◆ **Information supplied**:

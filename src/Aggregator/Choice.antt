-- ===== src/Aggregator/Choice.antt =====
-- What the weighted median of src/aggregator/mod.rs chooses, and when it falls back.
use kaskad_nuntius.Prelude.{
  ℕ, ◌+◌, ◌*◌, ◌%◌, ◌^◌, ◌≤◌, ◌≡◌, refl, ◌↔◌, inl, inr, Bool, List, [], ◌∷◌, map, Option, some,
  length, All, All-sort_by, count, Bool-cases, arith,
}
use kaskad_nuntius.Float.{Float64, nought}
use kaskad_nuntius.Aggregator.{PricePoint}
use kaskad_nuntius.Aggregator.Weights.{
  WeightingMode, volume_weighted, equal_fallback, use_volume, weight_of, weighted, pick, mode_of,
  weighted_median,
}

module _ {F : Type 0} ⦃f : Float64 F⦄ (P : F → Type 0) where
  pick-holds :
      (half cumulative last : F) (entries : List (F × F))
      → P last
      → All {A = F × F} (λ e. P e.0) entries
      → P (pick half cumulative last entries)
  unfolding pick
  pick-holds half c last [] p a = p
  pick-holds half c last ((price, weight) ∷ rest) p a =
      elim (Bool-cases (f.le half (f.add c weight))) [
        | inl e ↦ rw e a.0
        | inr e ↦ rw e (pick-holds half (f.add c weight) price rest a.0 a.1)
      ]

  All-weighted :
      (by_volume : Bool) (limit : Option F) (ps : List (PricePoint F))
      → All (λ p. P p.price) ps
      → All {A = F × F} (λ e. P e.0) (map (λ p. (p.price, weight_of by_volume limit p)) ps)
  All-weighted by_volume limit [] a = tt
  All-weighted by_volume limit (p ∷ ps) a = (a.0, All-weighted by_volume limit ps a.1)

  -- The weighted median of two samples or more is the price of one of them: whatever holds of all their
  -- prices holds of it. It is in the mode for equal weights exactly when at most half of the samples have
  -- a positive volume, and it counts a fallback exactly then.
  pub weighted_median-holds :
      (p q : PricePoint F) (rest : List (PricePoint F)) (fallbacks : ℕ)
      → All (λ s. P s.price) (p ∷ q ∷ rest)
      → (m : F) × (mode : WeightingMode) × ((weighted_median (p ∷ q ∷ rest) fallbacks).0
          ≡ some (m, mode))
        × P m
        × ((mode ≡ equal_fallback)
            ↔ (2 * count (λ s. f.lt nought s.volume) (p ∷ q ∷ rest) ≤ length (p ∷ q ∷ rest)))
        × ((mode ≡ volume_weighted) → (weighted_median (p ∷ q ∷ rest) fallbacks).1 ≡ fallbacks)
        × ((mode ≡ equal_fallback)
            → (weighted_median (p ∷ q ∷ rest) fallbacks).1 ≡ (fallbacks + 1) % 2 ^ 64)
  unfolding weighted_median mode_of weighted use_volume
  weighted_median-holds p q rest n a = (
    _,
    _,
    refl,
    pick-holds _ nought p.price _ a.0
        (All-sort_by (λ e. P e.0) (λ a b. f.lt a.0 b.0) _ (All-weighted _ _ (p ∷ q ∷ rest) a)),
    ground arith,
    ground arith,
    ground arith,
  )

◆ **Exercise description**:
Where does the string "cumulative" occur in the material? Copy every line where it does.

◆ **Exercise output**:
      (half cumulative last : F) (entries : List (F × F))
      → P (pick half cumulative last entries)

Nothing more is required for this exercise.